Odp: Władca Pierścienic
« Odpowiedź #62 : 2006-03-20, 19:27 »
Heheheh :lol: odwaliło Ci juz na samym początku, kiedy zacząłeś to pisać :P :lol: [pozytywnie odwaliło :P]
Zapisane
...Bez wysiłku siądź na tyłku i wyluzuj się motylku... (:

"Każdy z was jest łodzią, w której
Może się z potopem mierzyć,
Cało wyjść z burzowej chmury,
Musi tylko w to uwierzyć!"

Forum Zwierzaki

Odp: Władca Pierścienic
« Odpowiedz #62 : 2006-03-20, 19:27 »

Beatriz

  • Gość
Odp: Władca Pierścienic
« Odpowiedź #63 : 2006-03-20, 20:22 »
To jest... śliczne :D szczególnie, że Sum ko... lubi Fdroga :D
Zapisane

MATI9630

  • Gość
Odp: Władca Pierścienic
« Odpowiedź #64 : 2006-03-25, 14:48 »
Nowa część.. angine mam, wiec moze troszke gorsza;p

Fdrogo obudził się. Był zaniepokojony tym, że musi wyruszyć w podróż. I nagle coś mu zaświtało. Wybiegł z pokoju, nie zważając na to, że ma na sobie same kalesony.
-   Gnidalfie! Gnidalfie! – zawołał.
-   Czego? A przy okazji, ładne kalesony. – odrzekł czarodziej.
-   O żesz.
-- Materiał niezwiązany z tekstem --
-- ===== src/Common/Lists.antt =====
-- Lists measured by native numbers, and predicates on every or on some element.
use Prim.Native.Nat.{ℕ, zero, suc, ◌+◌, ◌-◌, ◌≤◌}
use mathlib.Core.Path.{◌≡◌, refl, sym, ap, ◌∙◌}
use mathlib.Core.Bool.{Bool, true, false, ◌&&◌, ◌||◌}
use mathlib.Core.List.{List, [], ◌∷◌, ◌++◌}
use native.Mathlib.Omega.{arith}
use mathlib.Core.Logic.{◌⊎◌, inl, inr}
use health_mon.Common.Tests.{if◌then◌else◌, Bool-cases}

module _ {ℓ} {A : Type ℓ} where
  abbrev pub length : List A → ℕ
  length [] = 0
  length (_ ∷ xs) = suc (length xs)

  pub length-append : (xs ys : List A) → length (xs ++ ys) ≡ length xs + length ys
  length-append [] ys = omega arith
  length-append (x ∷ xs) ys = omega (arith, length-append xs ys)

  abbrev pub is_empty : List A → Bool
  is_empty [] = true
  is_empty (_ ∷ _) = false

  abbrev pub filter : (A → Bool) → List A → List A
  filter p [] = []
  filter p (x ∷ xs) = let rest = filter p xs in if p x then x ∷ rest else rest

  -- Python's `any` and `all` over a generator.
  abbrev pub any : (A → Bool) → List A → Bool
  any p [] = false
  any p (x ∷ xs) = p x || any p xs

  abbrev pub all : (A → Bool) → List A → Bool
  all p [] = true
  all p (x ∷ xs) = p x && all p xs

module _ {ℓ κ} {A : Type ℓ} where
  abbrev pub All : (A → Type κ) → List A → Type κ
  All P [] = Unit
  All P (x ∷ xs) = P x × All P xs

  pub All-weaken : (P Q : A → Type κ) (xs : List A) → ((x : A) → P x → Q x) → All P xs → All Q xs
  All-weaken P Q [] f h = tt
  All-weaken P Q (x ∷ xs) f h = (f x h.0, All-weaken P Q xs f h.1)

  pub All-filter_cons :
      (P : A → Type κ) (p : A → Bool) (x : A) (xs : List A)
      → (p x ≡ true → P x)
      → All P (filter p xs)
      → All P (filter p (x ∷ xs))
  All-filter_cons P p x xs here rest = elim (Bool-cases (p x)) [
    | inl on ↦ rw on (here on, rest)
    | inr off ↦ rw off rest
  ]

module _ {ℓ} {A : Type ℓ} where
  abbrev pub get_or : List A → ℕ → A → A
  get_or [] i d = d
  get_or (x ∷ xs) zero d = x
  get_or (x ∷ xs) (suc i) d = get_or xs i d

  abbrev pub drop : ℕ → List A → List A
  drop zero xs = xs
  drop (suc n) [] = []
  drop (suc n) (x ∷ xs) = drop n xs

  pub drop-append : (k : ℕ) (xs ys : List A) → k ≤ length xs → drop k (xs ++ ys) ≡ drop k xs ++ ys
  drop-append zero xs ys h = refl
  drop-append (suc k) [] ys h = absurd (omega arith)
  drop-append (suc k) (x ∷ xs) ys h = drop-append k xs ys (omega arith)

  pub length-drop : (k : ℕ) (xs : List A) → length (drop k xs) ≡ length xs - k
  length-drop zero xs = omega arith
  length-drop (suc k) [] = omega arith
  length-drop (suc k) (x ∷ xs) = omega (arith, length-drop k xs)

  drop_nil : (n : ℕ) → (let none : List A = [] in drop n none ≡ none)
  drop_nil zero = refl
  drop_nil (suc n) = refl

  drop-drop : (j k : ℕ) (xs : List A) → drop j (drop k xs) ≡ drop (k + j) xs
  drop-drop j zero xs = ap (λ n. drop n xs) (omega arith)
  drop-drop j (suc k) [] = drop_nil j ∙ sym (drop_nil (suc k + j))
  drop-drop j (suc k) (x ∷ xs) =
      let later : suc (k + j) ≡ suc k + j = omega arith in
      drop-drop j k xs ∙ ap (λ n. drop n (x ∷ xs)) later

  -- The last n elements.
  abbrev pub newest : ℕ → List A → List A
  newest n xs = drop (length xs - n) xs

  -- What is cut off once does not come back.
  pub newest-append : (n : ℕ) (xs ys : List A) → newest n (newest n xs ++ ys) ≡ newest n (xs ++ ys)
  newest-append n xs ys =
      let k = length xs - n in
      let before : length (drop k xs ++ ys) ≡ length xs - k + length ys =
        length-append (drop k xs) ys ∙ ap (λ l. l + length ys) (length-drop k xs) in
      let whole : length (xs ++ ys) ≡ length xs + length ys = length-append xs ys in
      ap (drop (length (drop k xs ++ ys) - n)) (sym (drop-append k xs ys (omega arith)))
      ∙ drop-drop (length (drop k xs ++ ys) - n) k (xs ++ ys)
      ∙ ap (λ l. drop l (xs ++ ys)) (omega (arith, before, whole))

abbrev pub sum : List ℕ → ℕ
sum [] = 0
sum (x ∷ xs) = x + sum xs

module _ {ℓ} {A : Type ℓ} where
  abbrev pub AnyOf : (A → Type 0) → List A → Type 0
  AnyOf P [] = ⊥
  AnyOf P (x ∷ xs) = P x ⊎ AnyOf P xs
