-- ===== src/Model.antt =====
-- core/model.py: the status vocabulary, the tables that project it, and the records.
-- Times and durations are whole microseconds, whatever unit the source keeps them in, so its
-- conversions between seconds and milliseconds are identities here.
pub mod Projection
mod Examples
use health_mon.Common.{ℕ, String, Bool, true, false, Option, List, if◌then◌else◌}
use health_mon.Common.Dict.{Dict}

pub data Status : Type 0 where
  ok degraded failing unknown starting disabled : Status

pub data Readiness : Type 0 where
  ready degraded unready starting : Readiness

pub data Liveness : Type 0 where
  alive unalive : Liveness

pub data Evidence : Type 0 where
  observed introspected probed none : Evidence

-- `is` between members of `Status`.
abbrev pub same_status : Status → Status → Bool
same_status Status.ok Status.ok = true
same_status Status.degraded Status.degraded = true
same_status Status.failing Status.failing = true
same_status Status.unknown Status.unknown = true
same_status Status.starting Status.starting = true
same_status Status.disabled Status.disabled = true
same_status _ _ = false

abbrev pub same_readiness : Readiness → Readiness → Bool
same_readiness Readiness.ready Readiness.ready = true
same_readiness Readiness.degraded Readiness.degraded = true
same_readiness Readiness.unready Readiness.unready = true
same_readiness Readiness.starting Readiness.starting = true
same_readiness _ _ = false

abbrev pub same_liveness : Liveness → Liveness → Bool
same_liveness alive alive = true
same_liveness unalive unalive = true
same_liveness _ _ = false

unfoldable pub severity : Status → ℕ
severity Status.disabled = 0
severity Status.ok = 0
severity Status.starting = 1
severity Status.degraded = 2
severity Status.unknown = 2
severity Status.failing = 3

unfoldable pub wire : Status → String
wire Status.ok = "pass"
wire Status.disabled = "pass"
wire Status.starting = "warn"
wire Status.degraded = "warn"
wire Status.unknown = "warn"
wire Status.failing = "fail"

unfoldable pub live_code : Status → ℕ
live_code Status.ok = 200
live_code Status.disabled = 200
live_code Status.starting = 200
live_code Status.degraded = 200
live_code Status.unknown = 200
live_code Status.failing = 200

unfoldable pub ready_code : Status → ℕ
ready_code Status.ok = 200
ready_code Status.disabled = 200
ready_code Status.degraded = 200
ready_code Status.unknown = 200
ready_code Status.starting = 503
ready_code Status.failing = 503

unfoldable pub readiness_from_status : Status → Readiness
readiness_from_status Status.ok = Readiness.ready
readiness_from_status Status.disabled = Readiness.ready
readiness_from_status Status.starting = Readiness.starting
readiness_from_status Status.degraded = Readiness.degraded
readiness_from_status Status.unknown = Readiness.degraded
readiness_from_status Status.failing = Readiness.unready

unfoldable pub readiness_code : Readiness → ℕ
readiness_code Readiness.ready = 200
readiness_code Readiness.degraded = 200
readiness_code Readiness.starting = 503
readiness_code Readiness.unready = 503

unfoldable pub liveness_code : Liveness → ℕ
liveness_code alive = 200
liveness_code unalive = 503

pub data ErrorCategory : Type 0 where
  timeout slow connection_refused connection_lost protocol_error : ErrorCategory
  auth_failed : ErrorCategory
  resource_missing resource_locked config_drift dependency_version : ErrorCategory
  pool_exhausted read_only : ErrorCategory
  heartbeat_timeout broker_alarm broker_shutdown no_consumers not_subscribed : ErrorCategory
  not_consuming credit_exhausted backlog : ErrorCategory
  memory_pressure loading role_changed : ErrorCategory
  stalled poison_loop : ErrorCategory
  stale internal unknown : ErrorCategory

-- The value of a member of `ErrorCategory`.
unfoldable pub category_value : ErrorCategory → String
category_value ErrorCategory.timeout = "timeout"
category_value ErrorCategory.slow = "slow"
category_value ErrorCategory.connection_refused = "connection_refused"
category_value ErrorCategory.connection_lost = "connection_lost"
category_value ErrorCategory.protocol_error = "protocol_error"
category_value ErrorCategory.auth_failed = "auth_failed"
category_value ErrorCategory.resource_missing = "resource_missing"
category_value ErrorCategory.resource_locked = "resource_locked"
category_value ErrorCategory.config_drift = "config_drift"
category_value ErrorCategory.dependency_version = "dependency_version"
category_value ErrorCategory.pool_exhausted = "pool_exhausted"
category_value ErrorCategory.read_only = "read_only"
category_value ErrorCategory.heartbeat_timeout = "heartbeat_timeout"
category_value ErrorCategory.broker_alarm = "broker_alarm"
category_value ErrorCategory.broker_shutdown = "broker_shutdown"
category_value ErrorCategory.no_consumers = "no_consumers"
category_value ErrorCategory.not_subscribed = "not_subscribed"
category_value ErrorCategory.not_consuming = "not_consuming"
category_value ErrorCategory.credit_exhausted = "credit_exhausted"
category_value ErrorCategory.backlog = "backlog"
category_value ErrorCategory.memory_pressure = "memory_pressure"
category_value ErrorCategory.loading = "loading"
category_value ErrorCategory.role_changed = "role_changed"
category_value ErrorCategory.stalled = "stalled"
category_value ErrorCategory.poison_loop = "poison_loop"
category_value ErrorCategory.stale = "stale"
category_value ErrorCategory.internal = "internal"
category_value ErrorCategory.unknown = "unknown"

-- Membership in WEDGED_CATEGORIES.
unfoldable pub is_wedged : ErrorCategory → Bool
is_wedged stalled = true
is_wedged not_consuming = true
is_wedged not_subscribed = true
is_wedged credit_exhausted = true
is_wedged poison_loop = true
is_wedged _ = false

-- The values of an `observed` mapping.
pub data Primitive : Type 0 where
  number : ℕ → Primitive
  text : String → Primitive
  flag : Bool → Primitive

pub record CheckResult : Type 0 where
  pub name : String
  pub status : Status
  pub checked_at : ℕ
  pub wall_clock : ℕ
  pub evidence : Evidence
  pub latency : Option ℕ
  pub category : Option ErrorCategory
  pub evidence_age : Option ℕ
  pub detail : Option String
  pub observed : Dict Primitive

pub record Snapshot : Type 0 where
  pub status : Status
  pub live_status : Status
  pub results : Dict CheckResult
  pub built_at : ℕ
  pub wall_clock : ℕ
  pub uptime : ℕ
  pub reasons : List String
  pub draining : Bool

unfoldable pub liveness_of_status : Status → Liveness
liveness_of_status Status.ok = alive
liveness_of_status _ = unalive

-- Snapshot.liveness, Snapshot.readiness, Snapshot.ready_code and Snapshot.live_code
unfoldable pub snapshot_liveness : Snapshot → Liveness
unfolding liveness_of_status
snapshot_liveness s = liveness_of_status s.live_status

unfoldable pub snapshot_readiness : Snapshot → Readiness
unfolding snapshot_liveness readiness_from_status
snapshot_readiness s =
    if s.draining
    then Readiness.unready
    else if same_liveness (snapshot_liveness s) unalive
    then Readiness.unready
    else readiness_from_status s.status

unfoldable pub snapshot_ready_code : Snapshot → ℕ
unfolding snapshot_readiness readiness_code
snapshot_ready_code s = readiness_code (snapshot_readiness s)

unfoldable pub snapshot_live_code : Snapshot → ℕ
unfolding snapshot_liveness liveness_code
snapshot_live_code s = liveness_code (snapshot_liveness s)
Zapomniałem przebrać.
-   Cóż.. shit happens – powiedział Le’golas
-   W każdym razie – kontynuował Fdrogo – nie możemy użyć pierścienicy przeciwko Nieprzyjacielowi?
-   Nie. – odparł Gnidalf
-   Czemu?
-   Bo nie.
-   Podaj dokładniejsze szczegóły, czemu jej nie możemy użyć.
-   Bo wtedy ogarnie nas mrok i się upodobnimy do Tasiemca.
-   Ooo.. – zdziwił się bezmuszlowy ślimak – to ja idę ubrać spodnie.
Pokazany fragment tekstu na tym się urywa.